_THE TASK:_ Below are the entries. Transcribe exactly the lines from the one with "let rest = valid_sigs" through the one with "unfoldable pub verify_multi", ends included, and leave out all others.

[Collected data]
----------

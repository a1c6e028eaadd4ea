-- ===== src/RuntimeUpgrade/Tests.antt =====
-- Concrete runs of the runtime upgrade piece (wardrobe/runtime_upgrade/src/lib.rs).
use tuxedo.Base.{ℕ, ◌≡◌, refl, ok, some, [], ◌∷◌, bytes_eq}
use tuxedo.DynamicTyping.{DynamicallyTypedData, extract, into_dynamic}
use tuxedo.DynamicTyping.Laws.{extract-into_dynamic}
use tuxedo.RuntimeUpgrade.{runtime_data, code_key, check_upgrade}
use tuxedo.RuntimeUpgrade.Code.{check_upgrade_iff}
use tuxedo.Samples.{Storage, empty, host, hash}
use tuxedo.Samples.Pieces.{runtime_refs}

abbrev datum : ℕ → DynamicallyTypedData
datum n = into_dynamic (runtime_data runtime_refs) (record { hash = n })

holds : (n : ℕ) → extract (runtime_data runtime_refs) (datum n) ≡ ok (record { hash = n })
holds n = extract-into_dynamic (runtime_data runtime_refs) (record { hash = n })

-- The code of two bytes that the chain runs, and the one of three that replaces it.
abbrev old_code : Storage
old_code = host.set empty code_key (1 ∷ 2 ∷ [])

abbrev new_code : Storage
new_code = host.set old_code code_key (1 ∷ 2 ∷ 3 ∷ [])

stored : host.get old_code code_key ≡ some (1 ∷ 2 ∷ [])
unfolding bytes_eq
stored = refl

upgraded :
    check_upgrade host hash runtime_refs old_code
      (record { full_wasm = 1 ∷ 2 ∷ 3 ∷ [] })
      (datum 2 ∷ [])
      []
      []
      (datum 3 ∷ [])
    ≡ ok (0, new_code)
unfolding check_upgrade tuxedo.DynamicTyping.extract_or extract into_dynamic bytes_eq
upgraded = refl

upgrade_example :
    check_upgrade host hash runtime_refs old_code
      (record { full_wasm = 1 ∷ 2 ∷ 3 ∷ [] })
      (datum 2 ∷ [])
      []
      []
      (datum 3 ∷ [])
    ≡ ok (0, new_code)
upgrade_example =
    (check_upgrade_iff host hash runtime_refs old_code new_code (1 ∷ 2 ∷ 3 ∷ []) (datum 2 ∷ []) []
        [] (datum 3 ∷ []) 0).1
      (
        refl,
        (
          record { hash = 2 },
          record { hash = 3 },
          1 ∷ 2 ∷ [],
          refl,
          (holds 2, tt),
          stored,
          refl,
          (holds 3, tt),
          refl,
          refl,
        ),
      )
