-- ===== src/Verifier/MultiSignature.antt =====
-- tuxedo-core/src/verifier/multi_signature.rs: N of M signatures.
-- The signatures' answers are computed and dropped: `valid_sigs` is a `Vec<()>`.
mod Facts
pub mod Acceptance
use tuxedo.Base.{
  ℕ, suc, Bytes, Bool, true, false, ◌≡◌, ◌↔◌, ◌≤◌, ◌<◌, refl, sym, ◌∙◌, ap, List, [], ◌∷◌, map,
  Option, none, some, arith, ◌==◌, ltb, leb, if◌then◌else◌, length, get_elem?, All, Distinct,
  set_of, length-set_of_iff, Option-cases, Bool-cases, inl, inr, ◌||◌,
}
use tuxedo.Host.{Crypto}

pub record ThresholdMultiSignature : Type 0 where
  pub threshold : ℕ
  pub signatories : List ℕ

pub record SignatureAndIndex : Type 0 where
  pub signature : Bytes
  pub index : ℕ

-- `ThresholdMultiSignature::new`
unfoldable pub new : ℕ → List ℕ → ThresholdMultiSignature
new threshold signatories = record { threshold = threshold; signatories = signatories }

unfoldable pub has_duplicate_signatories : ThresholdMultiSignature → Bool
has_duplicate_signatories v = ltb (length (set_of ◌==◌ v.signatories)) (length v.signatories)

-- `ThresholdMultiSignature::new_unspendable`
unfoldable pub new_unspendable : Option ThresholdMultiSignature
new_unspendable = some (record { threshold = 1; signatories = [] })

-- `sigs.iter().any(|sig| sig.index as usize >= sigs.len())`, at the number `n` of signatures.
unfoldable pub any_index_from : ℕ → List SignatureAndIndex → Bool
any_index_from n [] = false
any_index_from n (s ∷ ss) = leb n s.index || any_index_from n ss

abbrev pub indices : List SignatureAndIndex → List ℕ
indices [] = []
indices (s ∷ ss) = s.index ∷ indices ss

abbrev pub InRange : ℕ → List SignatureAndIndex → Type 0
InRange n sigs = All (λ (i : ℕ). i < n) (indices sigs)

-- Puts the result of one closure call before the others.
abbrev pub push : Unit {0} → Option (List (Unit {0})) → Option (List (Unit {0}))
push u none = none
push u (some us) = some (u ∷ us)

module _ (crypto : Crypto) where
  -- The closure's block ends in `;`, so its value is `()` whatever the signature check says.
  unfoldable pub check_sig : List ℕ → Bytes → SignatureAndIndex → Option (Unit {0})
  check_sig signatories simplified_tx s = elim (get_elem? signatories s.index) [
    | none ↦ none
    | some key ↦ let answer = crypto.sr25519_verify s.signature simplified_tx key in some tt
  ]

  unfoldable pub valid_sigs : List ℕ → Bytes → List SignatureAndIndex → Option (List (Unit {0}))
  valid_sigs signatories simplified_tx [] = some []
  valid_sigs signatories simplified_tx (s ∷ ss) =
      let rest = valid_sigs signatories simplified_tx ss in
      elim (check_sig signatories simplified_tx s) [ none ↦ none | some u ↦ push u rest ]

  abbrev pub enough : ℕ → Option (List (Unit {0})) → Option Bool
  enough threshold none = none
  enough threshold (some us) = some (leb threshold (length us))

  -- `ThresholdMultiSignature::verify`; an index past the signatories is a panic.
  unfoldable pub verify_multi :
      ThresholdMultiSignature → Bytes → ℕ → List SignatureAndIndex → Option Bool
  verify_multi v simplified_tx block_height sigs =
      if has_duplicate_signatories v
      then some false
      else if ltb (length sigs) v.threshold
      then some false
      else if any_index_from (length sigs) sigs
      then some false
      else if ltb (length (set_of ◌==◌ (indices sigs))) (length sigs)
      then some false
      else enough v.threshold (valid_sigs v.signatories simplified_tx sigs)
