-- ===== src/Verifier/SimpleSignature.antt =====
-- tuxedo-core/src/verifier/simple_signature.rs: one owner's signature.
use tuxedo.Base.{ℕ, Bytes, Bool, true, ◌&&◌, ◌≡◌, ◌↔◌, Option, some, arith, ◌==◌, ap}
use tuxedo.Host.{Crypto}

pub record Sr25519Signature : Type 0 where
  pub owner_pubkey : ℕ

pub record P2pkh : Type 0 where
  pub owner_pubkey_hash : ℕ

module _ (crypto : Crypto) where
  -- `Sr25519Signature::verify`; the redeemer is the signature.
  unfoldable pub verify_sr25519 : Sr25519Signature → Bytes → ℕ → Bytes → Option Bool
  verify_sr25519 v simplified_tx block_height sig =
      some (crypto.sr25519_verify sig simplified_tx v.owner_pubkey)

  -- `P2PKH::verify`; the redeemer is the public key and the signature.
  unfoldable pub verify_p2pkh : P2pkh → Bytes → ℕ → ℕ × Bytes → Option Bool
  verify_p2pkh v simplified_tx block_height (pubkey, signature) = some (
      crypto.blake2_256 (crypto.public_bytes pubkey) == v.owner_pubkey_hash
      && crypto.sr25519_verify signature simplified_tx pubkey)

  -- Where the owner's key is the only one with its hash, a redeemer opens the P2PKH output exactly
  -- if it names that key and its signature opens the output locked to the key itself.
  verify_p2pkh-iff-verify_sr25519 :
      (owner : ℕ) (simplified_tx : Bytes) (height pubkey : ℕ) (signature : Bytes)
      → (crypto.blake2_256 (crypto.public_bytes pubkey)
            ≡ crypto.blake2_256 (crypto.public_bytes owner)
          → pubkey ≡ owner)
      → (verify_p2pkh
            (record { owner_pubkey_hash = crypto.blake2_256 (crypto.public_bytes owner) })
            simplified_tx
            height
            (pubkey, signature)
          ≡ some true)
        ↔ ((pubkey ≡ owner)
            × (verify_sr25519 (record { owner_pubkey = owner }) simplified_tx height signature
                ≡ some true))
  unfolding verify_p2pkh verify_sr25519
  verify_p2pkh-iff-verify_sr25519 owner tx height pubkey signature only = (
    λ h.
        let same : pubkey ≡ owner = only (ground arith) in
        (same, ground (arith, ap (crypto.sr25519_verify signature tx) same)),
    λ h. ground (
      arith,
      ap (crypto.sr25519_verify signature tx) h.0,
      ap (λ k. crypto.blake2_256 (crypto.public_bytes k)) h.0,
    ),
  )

----------

_RESULT FOR THIS EXERCISE:_
      let rest = valid_sigs signatories simplified_tx ss in
      elim (check_sig signatories simplified_tx s) [ none ↦ none | some u ↦ push u rest ]

  abbrev pub enough : ℕ → Option (List (Unit {0})) → Option Bool
  enough threshold none = none
  enough threshold (some us) = some (leb threshold (length us))

  -- `ThresholdMultiSignature::verify`; an index past the signatories is a panic.
  unfoldable pub verify_multi :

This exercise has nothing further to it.